[Data for this exercise]
-- ===== src/Command/Decode/Packed.antt =====
-- What `to_bytes` packs: the sizes of the tables of a command stream.
use ag_infer.Prelude.{
  ℕ, ◌+◌, ◌*◌, ◌≤◌, ◌≡◌, refl, sym, ◌∙◌, ap, List, [], ◌∷◌, ◌++◌, append_assoc, arith, ok, length,
  length-append, All, All-append,
}
use ag_infer.Prelude.Bytes.{concat}
use ag_infer.Command.{
  CommandOperand, ProviderCommand, check_command, operand_count, operand_fields, pack_operand,
  pack_operands, command_fields, Sections, pack_commands,
}
use ag_infer.Command.Facts.{digest_bytes-IsDigest, check_command-CommandFits}
use ag_infer.Command.Decode.Records.{all_operands, payload_size, length-command}
use ag_infer.Prelude.Bytes.{le}

pub pack_operands-append :
    (os ps : List CommandOperand) → pack_operands (os ++ ps) ≡ pack_operands os ++ pack_operands ps
unfolding pack_operands
pack_operands-append [] ps = refl
pack_operands-append (o ∷ os) ps =
    ap (λ l. pack_operand o ++ l) (pack_operands-append os ps)
    ∙ sym (append_assoc (pack_operand o) (pack_operands os) (pack_operands ps))

length-pack_operand : (o : CommandOperand) → length (pack_operand o) ≡ 16
unfolding pack_operand operand_fields le concat
length-pack_operand o = refl

pub length-pack_operands : (os : List CommandOperand) → length (pack_operands os) ≡ length os * 16
unfolding pack_operands
length-pack_operands [] = refl
length-pack_operands (o ∷ os) = omega (
  arith,
  length-append (pack_operand o) (pack_operands os),
  length-pack_operand o,
  length-pack_operands os,
)

pub operand_count-length : (cs : List ProviderCommand) → operand_count cs ≡ length (all_operands cs)
operand_count-length [] = refl
operand_count-length (c ∷ cs) =
    omega (arith, length-append c.operands (all_operands cs), operand_count-length cs)

pub all_operands-All :
    (P : CommandOperand → Type 0) (cs : List ProviderCommand)
    → All (λ (c : ProviderCommand). All P c.operands) cs
    → All P (all_operands cs)
all_operands-All P [] h = tt
all_operands-All P (c ∷ cs) h =
    All-append P c.operands (all_operands cs) h.0 (all_operands-All P cs h.1)

pub record IsPacked (cs : List ProviderCommand) (t : Sections) : Type 0 where
  pub commands : length t.commands ≡ length cs * 96
  pub operands : t.operands ≡ pack_operands (all_operands cs)
  pub payloads : length t.payloads ≡ payload_size cs
  pub payload_bound : payload_size cs ≤ length cs * 67_108_864
  pub operand_bound : length cs ≤ operand_count cs

pub pack_commands-IsPacked :
    (cs : List ProviderCommand) (first payload : ℕ)
    → All (λ c. check_command c ≡ ok tt) cs
    → (t : Sections) × (pack_commands cs first payload ≡ ok t) × IsPacked cs t
unfolding pack_commands pack_operands
pack_commands-IsPacked [] first payload checked = (
  record { commands = []; operands = []; payloads = [] },
  refl,
  record {
    commands = refl;
    operands = refl;
    payloads = refl;
    payload_bound = omega arith;
    operand_bound = omega arith;
  },
)
pack_commands-IsPacked (c ∷ cs) first payload checked =
    let fits = check_command-CommandFits c checked.0 in
    let digest = digest_bytes-IsDigest c.capability_digest fits.decoded in
    let (t, packed, p) =
      pack_commands-IsPacked cs (first + length c.operands) (payload + length c.payload)
        checked.1 in
    let fields = concat (command_fields c fits.digest first payload) in
    let short = fits.payload in
    let full = fits.operands in
    let bound = p.payload_bound in
    let bound' = p.operand_bound in
    (
      record {
        commands = fields ++ t.commands;
        operands = pack_operands c.operands ++ t.operands;
        payloads = c.payload ++ t.payloads;
      },
      rw (fits.decoded, packed) refl,
      record {
        commands = omega (
          arith,
          length-append fields t.commands,
          length-command c fits.digest first payload digest.width,
          p.commands,
        );
        operands =
            ap (λ l. pack_operands c.operands ++ l) p.operands
            ∙ sym (pack_operands-append c.operands (all_operands cs));
        payloads = omega (arith, length-append c.payload t.payloads, p.payloads);
        payload_bound = omega arith;
        operand_bound = omega arith;
      },
    )
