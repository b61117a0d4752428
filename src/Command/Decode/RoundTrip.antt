-- ===== src/Command/Decode/RoundTrip.antt =====
-- Reading back a whole command stream.
use ag_infer.Prelude.{
  ==_self, ge→ltb, ℕ, ◌+◌, ◌-◌, ◌*◌, ◌^◌, ◌≤◌, ◌<◌, ◌≡◌, refl, sym, ◌∙◌, ap, false, not, ◌||◌, List,
  [], ◌++◌, append-nil, arith, ok, ltb, ◌==◌, length, length-append, drop,
}
use ag_infer.Prelude.Bytes.{number-le, concat, chunks, chunks-concat, drop-append}
use ag_infer.Command.{
  ProviderCommand, CommandStream, check_operand, check_stream, operand_count, Sections,
  pack_commands, header_fields, to_bytes,
}
use ag_infer.Command.Decode.{
  as_format, header_widths, read_operands, read_commands, check_header, from_bytes,
}
use ag_infer.Command.Facts.{
  IsDigest, digest_bytes-IsDigest, StreamFits, check_stream-StreamFits, IsBuilt,
}
use ag_infer.Command.Decode.Tables.{arch_of-arch_code, drop-add, read_operands-pack_operands}
use ag_infer.Command.Decode.Packed.{
  operand_count-length, all_operands-All, length-pack_operands, IsPacked, pack_commands-IsPacked,
}
use ag_infer.Command.Decode.Records.{
  all_operands, payload_size, LieAll, read_commands-pack_commands,
}
use ag_infer.Command.Decode.Header.{
  list_eq_self, check_header-header_fields, header_fields-widths, length-header,
}

add_zero : (n : ℕ) → 0 + n ≡ n
add_zero n = omega arith

module _ (sha256 : List ℕ → List ℕ)
    (sha256_width : (bytes : List ℕ) → length (sha256 bytes) ≡ 32) where
  abbrev body_of : Sections → List ℕ
  body_of t = t.commands ++ (t.operands ++ t.payloads)

  length-body_of :
      (cs : List ProviderCommand) (t : Sections)
      → IsPacked cs t
      → length (body_of t) ≡ length cs * 96 + (operand_count cs * 16 + payload_size cs)
  length-body_of cs t p = omega (
    arith,
    length-append t.commands (t.operands ++ t.payloads),
    length-append t.operands t.payloads,
    p.commands,
    p.payloads,
    ap length p.operands,
    length-pack_operands (all_operands cs),
    operand_count-length cs,
  )

  -- The bytes `view`, seen through their header, are the stream `s`.
  record Shows (view : List ℕ) (s : CommandStream) : Type 0 where
    memory_digest : List ℕ
    body_digest : List ℕ
    operands_offset : ℕ
    payload_offset : ℕ
    payload_bytes : ℕ
    size : ℕ
    fields :
        chunks header_widths view
        ≡ header_fields s memory_digest body_digest operands_offset payload_offset payload_bytes
            size
    width : length view ≡ size
    header :
        check_header
          (header_fields s memory_digest body_digest operands_offset payload_offset payload_bytes
            size)
          size
        ≡ ok tt
    digest : IsDigest s.memory_plan_sha256 memory_digest
    hash : sha256 (drop 192 view) ≡ body_digest
    operands :
        read_operands view operands_offset (operand_count s.commands) ≡ ok (all_operands s.commands)
    commands :
        read_commands view
          (record {
            operands = all_operands s.commands;
            operand_count = operand_count s.commands;
            payload_offset = payload_offset;
            payload_bytes = payload_bytes;
          })
          192
          0
          0
          (length s.commands)
        ≡ ok (s.commands, operand_count s.commands, payload_bytes)
    at_operands : 192 ≤ operands_offset
    at_payload : operands_offset ≤ payload_offset
    at_end : payload_offset + payload_bytes ≡ size
    small : size < 256 ^ 8

  from_bytes-Shows :
      (view : List ℕ) (s : CommandStream)
      → check_stream s ≡ ok tt
      → StreamFits s
      → Shows view s
      → from_bytes sha256 view ≡ ok s
  unfolding from_bytes header_fields as_format
  from_bytes-Shows view s checked fits v =
      let few = fits.commands in
      let few' = fits.operands in
      let a = v.at_operands in
      let b = v.at_payload in
      let c = v.at_end in
      let d = v.small in
      let value = fits.value_count in
      let long : ltb v.size 192 ≡ false = ge→ltb v.size 192 (omega arith) in
      let consumed : (not (operand_count s.commands == operand_count s.commands)
            || not (v.payload_bytes == v.payload_bytes))
          ≡ false =
        rw (==_self (operand_count s.commands), ==_self v.payload_bytes) refl in
      rw (
        v.width,
        long,
        v.fields,
        v.header,
        number-le 8 192 (omega arith),
        v.hash,
        list_eq_self v.body_digest,
        v.digest.nonzero,
        arch_of-arch_code s.target_arch,
        number-le 8 v.operands_offset (omega arith),
        number-le 4 (operand_count s.commands) (omega arith),
        v.operands,
        number-le 8 v.payload_offset (omega arith),
        number-le 8 v.payload_bytes (omega arith),
        number-le 4 (length s.commands) (omega arith),
        v.commands,
        consumed,
        v.digest.printed,
        number-le 8 s.value_count (omega arith),
        number-le 8 s.arena_bytes fits.arena_bytes,
        number-le 8 s.state_bytes fits.state_bytes,
        number-le 8 s.workspace_bytes fits.workspace_bytes,
        checked,
      )

  -- The image of a stream with the given tables and digest of the plan.
  abbrev image : CommandStream → Sections → List ℕ → List ℕ
  image s t memory_digest =
      concat (
        header_fields s memory_digest (sha256 (body_of t)) (192 + length t.commands)
          (192 + length t.commands + length t.operands) (length t.payloads)
          (192 + length t.commands + length t.operands + length t.payloads))
      ++ body_of t

  module _ (s : CommandStream) (built : IsBuilt s) (t : Sections)
      (packed : pack_commands s.commands 0 0 ≡ ok t) (p : IsPacked s.commands t)
      (fits : StreamFits s) where
    digest_of : IsDigest s.memory_plan_sha256 fits.digest
    digest_of = digest_bytes-IsDigest s.memory_plan_sha256 fits.decoded

    drop-header : drop 192 (image s t fits.digest) ≡ body_of t
    drop-header =
        let header = concat (
          header_fields s fits.digest (sha256 (body_of t)) (192 + length t.commands)
            (192 + length t.commands + length t.operands) (length t.payloads)
            (192 + length t.commands + length t.operands + length t.payloads)) in
        ap (λ n. drop n (header ++ body_of t))
          (sym (
            length-header s fits.digest (sha256 (body_of t)) _ _ _ _ digest_of.width
              (sha256_width (body_of t))))
        ∙ drop-append header (body_of t)

    drop-commands :
        drop (192 + length t.commands) (image s t fits.digest) ≡ t.operands ++ t.payloads
    drop-commands =
        drop-add 192 (length t.commands) (image s t fits.digest)
        ∙ ap (drop (length t.commands)) drop-header
        ∙ drop-append t.commands (t.operands ++ t.payloads)

    drop-operands :
        drop (192 + length t.commands + length t.operands + 0) (image s t fits.digest)
        ≡ t.payloads ++ []
    drop-operands =
        let same : 192 + length t.commands + length t.operands + 0
            ≡ 192 + length t.commands + length t.operands =
          omega arith in
        ap (λ n. drop n (image s t fits.digest)) same
        ∙ drop-add (192 + length t.commands) (length t.operands) (image s t fits.digest)
        ∙ ap (drop (length t.operands)) drop-commands
        ∙ drop-append t.operands t.payloads
        ∙ sym (append-nil t.payloads)

    length-image :
        length (image s t fits.digest)
        ≡ 192 + length t.commands + length t.operands + length t.payloads
    length-image =
        let header = concat (
          header_fields s fits.digest (sha256 (body_of t)) (192 + length t.commands)
            (192 + length t.commands + length t.operands) (length t.payloads)
            (192 + length t.commands + length t.operands + length t.payloads)) in
        omega (
          arith,
          length-append header (body_of t),
          length-header s fits.digest (sha256 (body_of t)) _ _ _ _ digest_of.width
              (sha256_width (body_of t)),
          length-append t.commands (t.operands ++ t.payloads),
          length-append t.operands t.payloads,
        )

    chunks-header :
        chunks header_widths (image s t fits.digest)
        ≡ header_fields s fits.digest
            (sha256 (body_of t))
            (192 + length t.commands)
            (192 + length t.commands + length t.operands)
            (length t.payloads)
            (192 + length t.commands + length t.operands + length t.payloads)
    chunks-header =
        let fields =
          header_fields s fits.digest (sha256 (body_of t)) (192 + length t.commands)
            (192 + length t.commands + length t.operands) (length t.payloads)
            (192 + length t.commands + length t.operands + length t.payloads) in
        ap (λ w. chunks w (concat fields ++ body_of t))
          (sym (
            header_fields-widths s fits.digest (sha256 (body_of t)) _ _ _ _ digest_of.width
              (sha256_width (body_of t))))
        ∙ chunks-concat fields (body_of t)

    lie_all :
        LieAll
          (image s t fits.digest)
          (record {
            operands = all_operands s.commands;
            operand_count = operand_count s.commands;
            payload_offset = 192 + length t.commands + length t.operands;
            payload_bytes = length t.payloads;
          })
          s.commands
          t
          192
          0
          0
    lie_all =
        let few = fits.operands in
        let few' = fits.commands in
        let small = p.payload_bound in
        let small' = p.payloads in
        record {
          behind = t.operands ++ t.payloads;
          commands_here = drop-header;
          operands = [];
          operands_here = sym (append-nil (all_operands s.commands));
          payloads = [];
          payloads_here = drop-operands;
          operands_left = omega arith;
          payload_left = omega arith;
          operand_count = omega arith;
          payload_bytes = omega arith;
        }

    read_all :
        read_operands (image s t fits.digest) (192 + length t.commands) (operand_count s.commands)
        ≡ ok (all_operands s.commands)
    read_all =
        ap (read_operands (image s t fits.digest) (192 + length t.commands))
          (operand_count-length s.commands)
        ∙ read_operands-pack_operands (image s t fits.digest) (192 + length t.commands)
            (all_operands s.commands) t.payloads
            (all_operands-All (λ o. check_operand o ≡ ok tt) s.commands built.operands)
            (drop-commands ∙ ap (λ l. l ++ t.payloads) p.operands)

    image-Shows : Shows (image s t fits.digest) s
    image-Shows =
        let few = fits.operands in
        let few' = fits.commands in
        let small = p.payload_bound in
        let small' = p.payloads in
        let commands = p.commands in
        let operands = ap length p.operands ∙ length-pack_operands (all_operands s.commands) in
        let counted = operand_count-length s.commands in
        let bound = p.operand_bound in
        let some_commands = fits.some_commands in
        record {
          memory_digest = fits.digest;
          body_digest = sha256 (body_of t);
          operands_offset = 192 + length t.commands;
          payload_offset = 192 + length t.commands + length t.operands;
          payload_bytes = length t.payloads;
          size = 192 + length t.commands + length t.operands + length t.payloads;
          fields = chunks-header;
          width = length-image;
          header =
              check_header-header_fields s fits.digest (sha256 (body_of t)) _ _ _ _ fits
                (omega arith) (omega arith) (omega arith) refl (omega arith);
          digest = digest_of;
          hash = ap sha256 drop-header;
          operands = read_all;
          commands =
              read_commands-pack_commands (image s t fits.digest) _ s.commands t 192 0 0
                built.commands packed lie_all
              ∙ rw
                  (
                    p.payloads,
                    add_zero (operand_count s.commands),
                    add_zero (payload_size s.commands),
                  )
                  refl;
          at_operands = omega arith;
          at_payload = omega arith;
          at_end = refl;
          small = omega arith;
        }

    to_bytes-image : to_bytes sha256 s ≡ ok (image s t fits.digest)
    unfolding to_bytes
    to_bytes-image =
        let few = fits.operands in
        let few' = fits.commands in
        let small = p.payload_bound in
        let small' = p.payloads in
        let commands = p.commands in
        let operands = ap length p.operands ∙ length-pack_operands (all_operands s.commands) in
        let counted = operand_count-length s.commands in
        let fitting : ltb (2 ^ 64 - 1)
              (192 + length t.commands + length t.operands + length t.payloads)
            ≡ false =
          ge→ltb (2 ^ 64 - 1) _ (omega arith) in
        rw (packed, fitting, fits.decoded) refl

  -- Every stream that passed the checks of its constructors can be written, and what is read back from
  -- the bytes is the stream itself, where SHA-256 digests are 32 bytes wide.
  pub from_bytes-to_bytes :
      (s : CommandStream)
      → IsBuilt s
      → (bytes : List ℕ) × (to_bytes sha256 s ≡ ok bytes) × (from_bytes sha256 bytes ≡ ok s)
  from_bytes-to_bytes s built =
      let fits = check_stream-StreamFits s built.stream in
      let (t, packed, p) = pack_commands-IsPacked s.commands 0 0 built.commands in
      (
        image s t fits.digest,
        to_bytes-image s built t packed p fits,
        from_bytes-Shows (image s t fits.digest) s built.stream fits
            (image-Shows s built t packed p fits),
      )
[/Data for this exercise]
Task statement: Scan the entries above for the word "antt" and collect each line holding it.

Exercise response:
-- ===== src/Command/Decode/Packed.antt =====
filename src/Command/Decode/RoundTrip.antt
-- ===== src/Command/Decode/RoundTrip.antt =====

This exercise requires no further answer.